What you have to do -
Copy the entries below in full, keeping them exactly as they are.

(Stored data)
[Start of Attachment]

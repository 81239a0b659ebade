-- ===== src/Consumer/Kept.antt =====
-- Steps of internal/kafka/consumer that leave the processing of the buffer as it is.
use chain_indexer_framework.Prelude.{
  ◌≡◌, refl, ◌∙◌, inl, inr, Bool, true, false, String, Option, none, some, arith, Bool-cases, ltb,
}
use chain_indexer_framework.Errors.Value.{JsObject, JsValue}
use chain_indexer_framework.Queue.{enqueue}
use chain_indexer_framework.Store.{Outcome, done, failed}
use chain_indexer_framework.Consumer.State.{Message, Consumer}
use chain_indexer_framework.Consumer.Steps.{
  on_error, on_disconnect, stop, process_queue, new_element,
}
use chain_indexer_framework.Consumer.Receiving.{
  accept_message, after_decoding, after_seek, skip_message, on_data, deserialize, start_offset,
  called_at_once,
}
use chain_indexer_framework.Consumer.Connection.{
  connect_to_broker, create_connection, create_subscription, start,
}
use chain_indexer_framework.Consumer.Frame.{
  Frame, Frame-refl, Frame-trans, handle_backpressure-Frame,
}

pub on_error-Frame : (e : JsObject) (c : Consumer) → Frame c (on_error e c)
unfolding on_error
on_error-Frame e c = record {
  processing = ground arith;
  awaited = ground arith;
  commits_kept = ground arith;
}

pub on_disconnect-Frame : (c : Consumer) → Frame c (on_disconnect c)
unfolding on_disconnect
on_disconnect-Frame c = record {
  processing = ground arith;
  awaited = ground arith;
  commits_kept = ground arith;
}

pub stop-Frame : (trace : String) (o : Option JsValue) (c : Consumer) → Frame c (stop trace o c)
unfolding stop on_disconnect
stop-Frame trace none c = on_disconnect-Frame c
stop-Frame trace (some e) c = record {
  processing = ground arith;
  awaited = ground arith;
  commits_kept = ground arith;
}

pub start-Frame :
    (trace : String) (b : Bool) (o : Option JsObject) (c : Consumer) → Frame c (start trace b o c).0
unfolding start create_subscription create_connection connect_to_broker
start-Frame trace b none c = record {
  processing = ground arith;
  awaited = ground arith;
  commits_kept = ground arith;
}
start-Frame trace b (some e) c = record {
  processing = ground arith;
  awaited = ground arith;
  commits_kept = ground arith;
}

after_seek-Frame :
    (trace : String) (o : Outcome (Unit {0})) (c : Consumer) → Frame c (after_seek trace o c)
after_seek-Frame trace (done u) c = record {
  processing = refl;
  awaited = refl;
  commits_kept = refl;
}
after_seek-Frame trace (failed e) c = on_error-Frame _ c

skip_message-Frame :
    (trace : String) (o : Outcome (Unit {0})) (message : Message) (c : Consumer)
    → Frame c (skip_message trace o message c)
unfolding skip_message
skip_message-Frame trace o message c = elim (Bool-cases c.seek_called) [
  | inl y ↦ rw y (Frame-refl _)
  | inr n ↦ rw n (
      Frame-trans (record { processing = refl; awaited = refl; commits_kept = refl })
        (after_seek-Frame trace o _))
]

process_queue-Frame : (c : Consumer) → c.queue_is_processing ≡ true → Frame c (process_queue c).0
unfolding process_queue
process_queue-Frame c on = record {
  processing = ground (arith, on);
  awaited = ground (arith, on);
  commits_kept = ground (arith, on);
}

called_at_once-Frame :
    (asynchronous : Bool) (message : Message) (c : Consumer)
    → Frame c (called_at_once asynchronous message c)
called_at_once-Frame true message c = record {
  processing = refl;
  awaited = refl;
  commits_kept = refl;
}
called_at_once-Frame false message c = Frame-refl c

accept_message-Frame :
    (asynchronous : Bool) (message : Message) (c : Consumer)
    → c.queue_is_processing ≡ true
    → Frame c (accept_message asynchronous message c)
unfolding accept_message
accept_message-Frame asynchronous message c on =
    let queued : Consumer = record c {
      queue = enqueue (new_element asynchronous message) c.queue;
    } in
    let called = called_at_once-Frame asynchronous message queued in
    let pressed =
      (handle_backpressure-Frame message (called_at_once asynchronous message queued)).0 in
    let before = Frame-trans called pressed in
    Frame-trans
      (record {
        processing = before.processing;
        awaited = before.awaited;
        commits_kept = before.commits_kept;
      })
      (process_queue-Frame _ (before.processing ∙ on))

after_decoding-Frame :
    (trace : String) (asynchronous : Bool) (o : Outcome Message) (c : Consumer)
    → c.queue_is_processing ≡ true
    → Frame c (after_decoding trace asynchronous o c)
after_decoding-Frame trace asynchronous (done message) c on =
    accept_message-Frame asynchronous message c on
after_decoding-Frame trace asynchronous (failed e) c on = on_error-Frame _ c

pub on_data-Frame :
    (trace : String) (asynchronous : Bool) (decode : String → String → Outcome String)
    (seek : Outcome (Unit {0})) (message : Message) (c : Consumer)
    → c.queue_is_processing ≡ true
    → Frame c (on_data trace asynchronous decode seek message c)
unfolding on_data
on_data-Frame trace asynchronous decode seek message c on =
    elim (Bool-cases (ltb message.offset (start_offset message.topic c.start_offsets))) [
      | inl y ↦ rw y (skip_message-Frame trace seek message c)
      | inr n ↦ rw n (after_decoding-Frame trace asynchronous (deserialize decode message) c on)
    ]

[End of Attachment]

Result of the task -
repository 81239a0b659ebade
-- ===== src/Consumer/Kept.antt =====
-- Steps of internal/kafka/consumer that leave the processing of the buffer as it is.
use chain_indexer_framework.Prelude.{
  ◌≡◌, refl, ◌∙◌, inl, inr, Bool, true, false, String, Option, none, some, arith, Bool-cases, ltb,
}
use chain_indexer_framework.Errors.Value.{JsObject, JsValue}
use chain_indexer_framework.Queue.{enqueue}
use chain_indexer_framework.Store.{Outcome, done, failed}
use chain_indexer_framework.Consumer.State.{Message, Consumer}
use chain_indexer_framework.Consumer.Steps.{
  on_error, on_disconnect, stop, process_queue, new_element,
}
use chain_indexer_framework.Consumer.Receiving.{
  accept_message, after_decoding, after_seek, skip_message, on_data, deserialize, start_offset,
  called_at_once,
}
use chain_indexer_framework.Consumer.Connection.{
  connect_to_broker, create_connection, create_subscription, start,
}
use chain_indexer_framework.Consumer.Frame.{
  Frame, Frame-refl, Frame-trans, handle_backpressure-Frame,
}

pub on_error-Frame : (e : JsObject) (c : Consumer) → Frame c (on_error e c)
unfolding on_error
on_error-Frame e c = record {
  processing = ground arith;
  awaited = ground arith;
  commits_kept = ground arith;
}

pub on_disconnect-Frame : (c : Consumer) → Frame c (on_disconnect c)
unfolding on_disconnect
on_disconnect-Frame c = record {
  processing = ground arith;
  awaited = ground arith;
  commits_kept = ground arith;
}

pub stop-Frame : (trace : String) (o : Option JsValue) (c : Consumer) → Frame c (stop trace o c)
unfolding stop on_disconnect
stop-Frame trace none c = on_disconnect-Frame c
stop-Frame trace (some e) c = record {
  processing = ground arith;
  awaited = ground arith;
  commits_kept = ground arith;
}

pub start-Frame :
    (trace : String) (b : Bool) (o : Option JsObject) (c : Consumer) → Frame c (start trace b o c).0
unfolding start create_subscription create_connection connect_to_broker
start-Frame trace b none c = record {
  processing = ground arith;
  awaited = ground arith;
  commits_kept = ground arith;
}
start-Frame trace b (some e) c = record {
  processing = ground arith;
  awaited = ground arith;
  commits_kept = ground arith;
}

after_seek-Frame :
    (trace : String) (o : Outcome (Unit {0})) (c : Consumer) → Frame c (after_seek trace o c)
after_seek-Frame trace (done u) c = record {
  processing = refl;
  awaited = refl;
  commits_kept = refl;
}
after_seek-Frame trace (failed e) c = on_error-Frame _ c

skip_message-Frame :
    (trace : String) (o : Outcome (Unit {0})) (message : Message) (c : Consumer)
    → Frame c (skip_message trace o message c)
unfolding skip_message
skip_message-Frame trace o message c = elim (Bool-cases c.seek_called) [
  | inl y ↦ rw y (Frame-refl _)
  | inr n ↦ rw n (
      Frame-trans (record { processing = refl; awaited = refl; commits_kept = refl })
        (after_seek-Frame trace o _))
]

process_queue-Frame : (c : Consumer) → c.queue_is_processing ≡ true → Frame c (process_queue c).0
unfolding process_queue
process_queue-Frame c on = record {
  processing = ground (arith, on);
  awaited = ground (arith, on);
  commits_kept = ground (arith, on);
}

called_at_once-Frame :
    (asynchronous : Bool) (message : Message) (c : Consumer)
    → Frame c (called_at_once asynchronous message c)
called_at_once-Frame true message c = record {
  processing = refl;
  awaited = refl;
  commits_kept = refl;
}
called_at_once-Frame false message c = Frame-refl c

accept_message-Frame :
    (asynchronous : Bool) (message : Message) (c : Consumer)
    → c.queue_is_processing ≡ true
    → Frame c (accept_message asynchronous message c)
unfolding accept_message
accept_message-Frame asynchronous message c on =
    let queued : Consumer = record c {
      queue = enqueue (new_element asynchronous message) c.queue;
    } in
    let called = called_at_once-Frame asynchronous message queued in
    let pressed =
      (handle_backpressure-Frame message (called_at_once asynchronous message queued)).0 in
    let before = Frame-trans called pressed in
    Frame-trans
      (record {
        processing = before.processing;
        awaited = before.awaited;
        commits_kept = before.commits_kept;
      })
      (process_queue-Frame _ (before.processing ∙ on))

after_decoding-Frame :
    (trace : String) (asynchronous : Bool) (o : Outcome Message) (c : Consumer)
    → c.queue_is_processing ≡ true
    → Frame c (after_decoding trace asynchronous o c)
after_decoding-Frame trace asynchronous (done message) c on =
    accept_message-Frame asynchronous message c on
after_decoding-Frame trace asynchronous (failed e) c on = on_error-Frame _ c

pub on_data-Frame :
    (trace : String) (asynchronous : Bool) (decode : String → String → Outcome String)
    (seek : Outcome (Unit {0})) (message : Message) (c : Consumer)
    → c.queue_is_processing ≡ true
    → Frame c (on_data trace asynchronous decode seek message c)
unfolding on_data
on_data-Frame trace asynchronous decode seek message c on =
    elim (Bool-cases (ltb message.offset (start_offset message.topic c.start_offsets))) [
      | inl y ↦ rw y (skip_message-Frame trace seek message c)
      | inr n ↦ rw n (after_decoding-Frame trace asynchronous (deserialize decode message) c on)
    ]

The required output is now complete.